(Task brief)
Where the listing below reaches the line containing "from_bytes-to_bytes_example : from_bytes", start writing out lines exactly, and stop once the line containing "from_bytes-last = refl" has been written.

*** Task input Section Begins ***

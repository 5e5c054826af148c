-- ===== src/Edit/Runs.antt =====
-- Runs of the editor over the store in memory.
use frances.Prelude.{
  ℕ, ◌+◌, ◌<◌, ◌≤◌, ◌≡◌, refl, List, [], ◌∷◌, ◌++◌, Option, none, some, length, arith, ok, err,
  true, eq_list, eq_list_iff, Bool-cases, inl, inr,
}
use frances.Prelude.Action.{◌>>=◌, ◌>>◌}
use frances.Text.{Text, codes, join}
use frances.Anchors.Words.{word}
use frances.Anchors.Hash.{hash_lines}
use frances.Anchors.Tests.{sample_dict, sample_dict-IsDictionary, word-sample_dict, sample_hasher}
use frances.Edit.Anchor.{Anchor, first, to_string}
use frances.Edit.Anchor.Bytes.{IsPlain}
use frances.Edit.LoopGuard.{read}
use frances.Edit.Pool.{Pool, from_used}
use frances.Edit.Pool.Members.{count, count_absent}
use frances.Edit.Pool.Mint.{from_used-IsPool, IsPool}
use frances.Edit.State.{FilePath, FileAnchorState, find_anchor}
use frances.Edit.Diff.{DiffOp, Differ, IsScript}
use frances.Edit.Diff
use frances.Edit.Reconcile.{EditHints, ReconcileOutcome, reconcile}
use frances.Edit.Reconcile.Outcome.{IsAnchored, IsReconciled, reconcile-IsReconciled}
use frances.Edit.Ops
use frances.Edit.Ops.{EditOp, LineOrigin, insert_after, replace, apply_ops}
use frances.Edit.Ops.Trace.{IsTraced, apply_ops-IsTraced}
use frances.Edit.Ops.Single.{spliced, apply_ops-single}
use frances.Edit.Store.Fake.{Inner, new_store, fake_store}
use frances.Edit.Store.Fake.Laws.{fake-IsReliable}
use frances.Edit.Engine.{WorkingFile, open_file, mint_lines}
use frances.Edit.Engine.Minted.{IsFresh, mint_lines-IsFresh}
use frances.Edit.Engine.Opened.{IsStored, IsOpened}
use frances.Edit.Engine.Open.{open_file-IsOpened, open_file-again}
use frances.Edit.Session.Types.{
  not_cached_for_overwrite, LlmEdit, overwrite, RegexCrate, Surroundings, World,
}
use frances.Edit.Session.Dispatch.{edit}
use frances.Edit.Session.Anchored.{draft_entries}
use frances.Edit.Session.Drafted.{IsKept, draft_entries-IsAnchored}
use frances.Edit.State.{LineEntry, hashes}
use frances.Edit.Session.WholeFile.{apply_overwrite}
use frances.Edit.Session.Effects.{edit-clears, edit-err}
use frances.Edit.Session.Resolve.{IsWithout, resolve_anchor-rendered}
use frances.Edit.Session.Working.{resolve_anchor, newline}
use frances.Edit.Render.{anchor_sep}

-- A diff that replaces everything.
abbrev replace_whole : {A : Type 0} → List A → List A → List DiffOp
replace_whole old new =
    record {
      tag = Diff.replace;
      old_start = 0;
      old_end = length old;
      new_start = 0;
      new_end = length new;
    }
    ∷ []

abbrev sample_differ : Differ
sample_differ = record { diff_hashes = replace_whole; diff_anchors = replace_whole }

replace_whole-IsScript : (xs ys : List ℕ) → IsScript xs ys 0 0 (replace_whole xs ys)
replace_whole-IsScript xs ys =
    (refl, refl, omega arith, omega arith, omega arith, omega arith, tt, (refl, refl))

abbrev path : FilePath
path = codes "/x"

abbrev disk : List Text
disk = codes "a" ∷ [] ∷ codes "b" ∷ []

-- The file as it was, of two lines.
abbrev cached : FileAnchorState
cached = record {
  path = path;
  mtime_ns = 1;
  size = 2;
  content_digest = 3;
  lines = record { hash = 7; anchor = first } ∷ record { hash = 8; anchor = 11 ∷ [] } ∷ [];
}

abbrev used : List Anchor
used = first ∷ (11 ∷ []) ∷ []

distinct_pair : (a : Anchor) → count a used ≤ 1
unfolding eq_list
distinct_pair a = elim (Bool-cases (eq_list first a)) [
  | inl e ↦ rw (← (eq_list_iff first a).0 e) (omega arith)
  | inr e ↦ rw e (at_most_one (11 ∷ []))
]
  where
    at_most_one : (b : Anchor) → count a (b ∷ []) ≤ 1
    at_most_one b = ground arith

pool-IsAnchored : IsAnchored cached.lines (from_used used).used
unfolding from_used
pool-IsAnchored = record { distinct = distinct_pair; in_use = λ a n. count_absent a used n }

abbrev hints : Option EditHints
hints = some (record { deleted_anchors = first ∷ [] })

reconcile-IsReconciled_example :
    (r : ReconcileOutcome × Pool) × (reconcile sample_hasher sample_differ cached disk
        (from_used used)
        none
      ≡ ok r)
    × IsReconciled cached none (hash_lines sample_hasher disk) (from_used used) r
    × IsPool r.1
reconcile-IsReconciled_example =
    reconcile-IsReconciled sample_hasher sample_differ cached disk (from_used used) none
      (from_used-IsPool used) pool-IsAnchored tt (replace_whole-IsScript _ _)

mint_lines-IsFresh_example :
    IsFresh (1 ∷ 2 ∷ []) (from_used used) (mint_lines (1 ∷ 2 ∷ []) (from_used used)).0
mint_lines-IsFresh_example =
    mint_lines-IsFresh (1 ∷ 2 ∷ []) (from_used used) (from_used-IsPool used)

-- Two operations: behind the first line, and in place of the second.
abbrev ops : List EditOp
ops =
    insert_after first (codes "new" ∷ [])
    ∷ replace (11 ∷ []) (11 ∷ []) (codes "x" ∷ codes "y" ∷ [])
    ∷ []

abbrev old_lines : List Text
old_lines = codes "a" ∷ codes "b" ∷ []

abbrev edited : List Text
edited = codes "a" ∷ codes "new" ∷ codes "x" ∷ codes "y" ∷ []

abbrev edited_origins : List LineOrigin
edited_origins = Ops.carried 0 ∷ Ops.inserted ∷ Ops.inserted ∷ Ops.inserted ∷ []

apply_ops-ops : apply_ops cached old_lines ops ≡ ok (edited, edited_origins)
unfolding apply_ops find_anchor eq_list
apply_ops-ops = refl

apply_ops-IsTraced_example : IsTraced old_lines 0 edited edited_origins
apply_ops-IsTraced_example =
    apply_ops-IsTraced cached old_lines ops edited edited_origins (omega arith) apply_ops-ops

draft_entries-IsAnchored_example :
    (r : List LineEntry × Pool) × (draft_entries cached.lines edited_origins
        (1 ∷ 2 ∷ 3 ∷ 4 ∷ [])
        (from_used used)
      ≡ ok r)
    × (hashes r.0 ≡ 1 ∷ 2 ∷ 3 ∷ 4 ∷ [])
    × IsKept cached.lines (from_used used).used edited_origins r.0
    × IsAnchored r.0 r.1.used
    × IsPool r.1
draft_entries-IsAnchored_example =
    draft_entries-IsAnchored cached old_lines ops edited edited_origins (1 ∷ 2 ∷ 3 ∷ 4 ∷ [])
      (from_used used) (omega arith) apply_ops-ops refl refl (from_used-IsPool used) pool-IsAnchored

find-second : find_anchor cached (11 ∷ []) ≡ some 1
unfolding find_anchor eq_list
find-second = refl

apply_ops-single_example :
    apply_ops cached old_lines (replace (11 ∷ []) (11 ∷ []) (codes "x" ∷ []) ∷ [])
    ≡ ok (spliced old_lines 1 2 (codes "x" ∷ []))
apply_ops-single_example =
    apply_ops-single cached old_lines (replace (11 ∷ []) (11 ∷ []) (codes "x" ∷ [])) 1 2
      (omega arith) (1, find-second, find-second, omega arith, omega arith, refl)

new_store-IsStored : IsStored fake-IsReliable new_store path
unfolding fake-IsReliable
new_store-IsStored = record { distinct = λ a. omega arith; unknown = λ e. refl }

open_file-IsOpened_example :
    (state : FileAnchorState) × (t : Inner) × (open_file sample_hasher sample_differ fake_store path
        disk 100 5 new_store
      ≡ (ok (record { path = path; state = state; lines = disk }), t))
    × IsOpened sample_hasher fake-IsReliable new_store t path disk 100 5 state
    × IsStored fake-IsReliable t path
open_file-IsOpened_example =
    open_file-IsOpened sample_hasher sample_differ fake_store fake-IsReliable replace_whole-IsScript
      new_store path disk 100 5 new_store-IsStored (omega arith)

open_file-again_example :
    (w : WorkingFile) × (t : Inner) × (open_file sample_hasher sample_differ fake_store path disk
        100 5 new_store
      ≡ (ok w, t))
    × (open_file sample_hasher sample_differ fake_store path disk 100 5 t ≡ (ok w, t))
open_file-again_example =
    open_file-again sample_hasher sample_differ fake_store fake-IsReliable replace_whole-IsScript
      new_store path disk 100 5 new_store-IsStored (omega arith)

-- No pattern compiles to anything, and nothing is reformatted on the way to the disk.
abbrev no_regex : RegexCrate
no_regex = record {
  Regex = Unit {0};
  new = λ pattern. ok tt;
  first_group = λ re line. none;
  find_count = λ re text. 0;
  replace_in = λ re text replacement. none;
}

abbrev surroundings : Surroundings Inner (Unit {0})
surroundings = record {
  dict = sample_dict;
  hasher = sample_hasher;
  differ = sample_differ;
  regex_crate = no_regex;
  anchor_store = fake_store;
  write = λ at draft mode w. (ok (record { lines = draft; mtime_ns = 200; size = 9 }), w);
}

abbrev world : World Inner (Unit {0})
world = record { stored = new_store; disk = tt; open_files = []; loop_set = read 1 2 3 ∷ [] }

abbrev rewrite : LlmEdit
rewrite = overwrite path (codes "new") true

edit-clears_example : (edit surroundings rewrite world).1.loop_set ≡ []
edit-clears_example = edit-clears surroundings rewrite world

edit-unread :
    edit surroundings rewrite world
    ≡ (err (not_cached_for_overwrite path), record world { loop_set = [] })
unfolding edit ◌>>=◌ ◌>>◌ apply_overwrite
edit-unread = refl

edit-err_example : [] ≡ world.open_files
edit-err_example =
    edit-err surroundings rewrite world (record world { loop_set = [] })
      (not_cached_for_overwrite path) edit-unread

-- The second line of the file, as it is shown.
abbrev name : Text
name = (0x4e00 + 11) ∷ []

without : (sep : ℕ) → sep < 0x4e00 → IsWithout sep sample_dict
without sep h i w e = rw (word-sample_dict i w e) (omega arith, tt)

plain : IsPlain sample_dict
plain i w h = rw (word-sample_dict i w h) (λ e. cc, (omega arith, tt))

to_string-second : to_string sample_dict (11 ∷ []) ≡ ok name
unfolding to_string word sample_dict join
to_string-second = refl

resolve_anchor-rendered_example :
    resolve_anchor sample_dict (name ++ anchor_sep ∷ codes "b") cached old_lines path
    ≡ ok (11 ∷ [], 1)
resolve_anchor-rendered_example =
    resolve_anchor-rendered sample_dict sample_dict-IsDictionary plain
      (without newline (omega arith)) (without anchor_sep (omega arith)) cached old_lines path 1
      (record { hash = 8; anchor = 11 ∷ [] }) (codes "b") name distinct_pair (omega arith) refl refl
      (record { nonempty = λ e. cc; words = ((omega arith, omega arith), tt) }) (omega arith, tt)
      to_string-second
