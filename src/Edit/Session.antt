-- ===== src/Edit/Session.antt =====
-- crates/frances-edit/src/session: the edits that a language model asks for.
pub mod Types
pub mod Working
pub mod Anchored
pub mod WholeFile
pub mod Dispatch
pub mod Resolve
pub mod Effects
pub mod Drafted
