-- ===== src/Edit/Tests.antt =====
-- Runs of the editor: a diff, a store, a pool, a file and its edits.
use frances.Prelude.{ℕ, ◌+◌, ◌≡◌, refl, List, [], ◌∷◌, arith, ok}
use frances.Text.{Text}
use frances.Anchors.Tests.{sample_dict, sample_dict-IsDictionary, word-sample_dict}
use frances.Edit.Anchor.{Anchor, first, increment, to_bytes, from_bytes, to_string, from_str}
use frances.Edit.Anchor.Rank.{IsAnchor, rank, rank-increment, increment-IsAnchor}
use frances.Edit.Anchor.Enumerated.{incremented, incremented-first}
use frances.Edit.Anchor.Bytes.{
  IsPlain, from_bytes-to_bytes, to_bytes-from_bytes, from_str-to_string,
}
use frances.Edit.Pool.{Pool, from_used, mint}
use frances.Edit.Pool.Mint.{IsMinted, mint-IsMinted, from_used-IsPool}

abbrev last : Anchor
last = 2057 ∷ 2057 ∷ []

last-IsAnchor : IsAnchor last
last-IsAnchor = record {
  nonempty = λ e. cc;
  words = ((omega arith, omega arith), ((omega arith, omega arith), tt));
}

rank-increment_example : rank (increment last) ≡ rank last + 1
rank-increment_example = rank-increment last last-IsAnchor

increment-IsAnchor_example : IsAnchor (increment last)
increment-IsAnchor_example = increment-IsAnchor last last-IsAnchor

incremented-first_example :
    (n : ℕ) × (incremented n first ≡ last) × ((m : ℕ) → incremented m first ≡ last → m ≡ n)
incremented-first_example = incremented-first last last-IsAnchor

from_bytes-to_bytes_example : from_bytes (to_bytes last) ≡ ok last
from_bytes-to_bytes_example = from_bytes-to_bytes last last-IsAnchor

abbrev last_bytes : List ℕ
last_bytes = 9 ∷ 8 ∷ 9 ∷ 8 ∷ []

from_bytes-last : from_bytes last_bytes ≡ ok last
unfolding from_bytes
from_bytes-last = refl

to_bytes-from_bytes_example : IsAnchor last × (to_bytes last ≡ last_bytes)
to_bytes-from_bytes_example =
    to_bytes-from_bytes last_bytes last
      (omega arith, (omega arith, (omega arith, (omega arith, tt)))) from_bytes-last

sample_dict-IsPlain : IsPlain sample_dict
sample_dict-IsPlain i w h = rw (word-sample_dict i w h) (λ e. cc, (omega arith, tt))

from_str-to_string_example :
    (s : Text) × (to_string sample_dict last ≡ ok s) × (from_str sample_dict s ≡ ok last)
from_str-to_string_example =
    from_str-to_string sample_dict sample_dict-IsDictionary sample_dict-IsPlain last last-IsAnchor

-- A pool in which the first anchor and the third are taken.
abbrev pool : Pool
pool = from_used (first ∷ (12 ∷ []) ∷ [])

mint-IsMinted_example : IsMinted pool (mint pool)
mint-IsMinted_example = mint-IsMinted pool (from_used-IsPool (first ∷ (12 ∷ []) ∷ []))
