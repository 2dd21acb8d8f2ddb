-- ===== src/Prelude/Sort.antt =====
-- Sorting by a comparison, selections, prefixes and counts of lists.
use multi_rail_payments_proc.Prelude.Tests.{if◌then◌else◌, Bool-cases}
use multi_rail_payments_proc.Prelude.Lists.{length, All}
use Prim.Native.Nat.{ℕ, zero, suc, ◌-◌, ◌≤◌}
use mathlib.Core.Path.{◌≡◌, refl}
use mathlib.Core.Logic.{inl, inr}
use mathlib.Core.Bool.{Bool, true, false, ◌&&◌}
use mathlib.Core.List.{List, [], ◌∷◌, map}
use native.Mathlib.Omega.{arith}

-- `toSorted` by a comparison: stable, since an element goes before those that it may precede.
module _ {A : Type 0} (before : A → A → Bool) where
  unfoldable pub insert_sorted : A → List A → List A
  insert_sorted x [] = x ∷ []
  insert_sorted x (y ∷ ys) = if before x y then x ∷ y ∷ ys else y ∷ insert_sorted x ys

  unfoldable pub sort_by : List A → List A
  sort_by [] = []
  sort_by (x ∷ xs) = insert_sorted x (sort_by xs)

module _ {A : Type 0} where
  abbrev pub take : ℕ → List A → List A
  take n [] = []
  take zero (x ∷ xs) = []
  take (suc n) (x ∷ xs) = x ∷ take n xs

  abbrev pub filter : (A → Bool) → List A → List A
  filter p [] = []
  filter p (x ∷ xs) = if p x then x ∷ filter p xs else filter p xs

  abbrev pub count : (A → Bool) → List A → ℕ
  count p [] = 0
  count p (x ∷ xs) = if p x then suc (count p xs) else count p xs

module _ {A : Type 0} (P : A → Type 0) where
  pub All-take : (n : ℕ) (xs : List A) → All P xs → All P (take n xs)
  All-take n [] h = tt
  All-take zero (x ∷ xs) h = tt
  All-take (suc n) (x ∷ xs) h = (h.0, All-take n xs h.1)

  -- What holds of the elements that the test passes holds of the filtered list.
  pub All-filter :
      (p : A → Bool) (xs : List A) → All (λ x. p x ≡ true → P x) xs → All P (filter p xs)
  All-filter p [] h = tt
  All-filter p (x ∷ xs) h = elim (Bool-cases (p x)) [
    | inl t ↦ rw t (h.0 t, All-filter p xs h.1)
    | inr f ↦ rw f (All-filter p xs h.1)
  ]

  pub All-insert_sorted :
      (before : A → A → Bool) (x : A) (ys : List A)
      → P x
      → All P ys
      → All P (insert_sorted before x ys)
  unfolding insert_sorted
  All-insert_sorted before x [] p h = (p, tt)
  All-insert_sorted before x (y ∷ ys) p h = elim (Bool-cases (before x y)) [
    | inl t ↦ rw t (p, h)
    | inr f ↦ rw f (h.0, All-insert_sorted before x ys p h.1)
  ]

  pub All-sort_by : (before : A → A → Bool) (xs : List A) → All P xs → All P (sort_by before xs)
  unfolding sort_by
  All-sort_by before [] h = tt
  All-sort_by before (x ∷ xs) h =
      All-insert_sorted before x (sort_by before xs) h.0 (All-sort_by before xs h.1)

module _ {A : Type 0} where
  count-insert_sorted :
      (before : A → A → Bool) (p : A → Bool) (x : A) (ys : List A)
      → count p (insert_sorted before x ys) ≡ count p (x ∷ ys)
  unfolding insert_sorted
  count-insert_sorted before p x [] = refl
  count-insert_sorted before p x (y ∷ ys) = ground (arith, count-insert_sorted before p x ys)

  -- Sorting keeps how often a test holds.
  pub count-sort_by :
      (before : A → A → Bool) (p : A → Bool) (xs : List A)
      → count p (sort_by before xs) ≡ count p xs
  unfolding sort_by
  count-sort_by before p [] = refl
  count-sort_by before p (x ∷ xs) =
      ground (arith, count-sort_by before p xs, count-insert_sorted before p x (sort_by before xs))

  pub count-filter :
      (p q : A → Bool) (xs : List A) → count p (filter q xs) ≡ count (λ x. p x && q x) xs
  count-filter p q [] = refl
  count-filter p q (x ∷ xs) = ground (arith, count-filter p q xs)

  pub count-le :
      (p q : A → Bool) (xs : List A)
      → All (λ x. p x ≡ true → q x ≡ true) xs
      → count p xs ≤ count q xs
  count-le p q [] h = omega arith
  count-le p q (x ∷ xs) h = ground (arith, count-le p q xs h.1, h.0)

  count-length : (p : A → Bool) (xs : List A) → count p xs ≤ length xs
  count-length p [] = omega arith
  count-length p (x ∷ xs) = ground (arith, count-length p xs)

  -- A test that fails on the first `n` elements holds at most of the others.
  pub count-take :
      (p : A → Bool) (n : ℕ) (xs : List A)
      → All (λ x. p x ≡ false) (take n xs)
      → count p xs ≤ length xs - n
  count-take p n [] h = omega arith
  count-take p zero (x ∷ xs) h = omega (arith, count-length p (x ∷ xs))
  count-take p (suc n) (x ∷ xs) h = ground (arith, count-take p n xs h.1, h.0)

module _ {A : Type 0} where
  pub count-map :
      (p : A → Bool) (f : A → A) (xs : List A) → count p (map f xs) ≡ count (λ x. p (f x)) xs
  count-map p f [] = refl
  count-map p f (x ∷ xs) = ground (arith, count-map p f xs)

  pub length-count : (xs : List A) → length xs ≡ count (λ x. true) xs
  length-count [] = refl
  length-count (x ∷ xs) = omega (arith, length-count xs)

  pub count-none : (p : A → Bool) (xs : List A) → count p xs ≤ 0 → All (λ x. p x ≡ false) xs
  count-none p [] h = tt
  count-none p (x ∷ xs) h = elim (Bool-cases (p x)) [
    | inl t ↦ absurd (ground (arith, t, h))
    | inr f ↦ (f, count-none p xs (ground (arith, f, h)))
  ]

*** Task input Section Ends ***

(Response to this exercise)
from_bytes-to_bytes_example : from_bytes (to_bytes last) ≡ ok last
from_bytes-to_bytes_example = from_bytes-to_bytes last last-IsAnchor

abbrev last_bytes : List ℕ
last_bytes = 9 ∷ 8 ∷ 9 ∷ 8 ∷ []

from_bytes-last : from_bytes last_bytes ≡ ok last
unfolding from_bytes
from_bytes-last = refl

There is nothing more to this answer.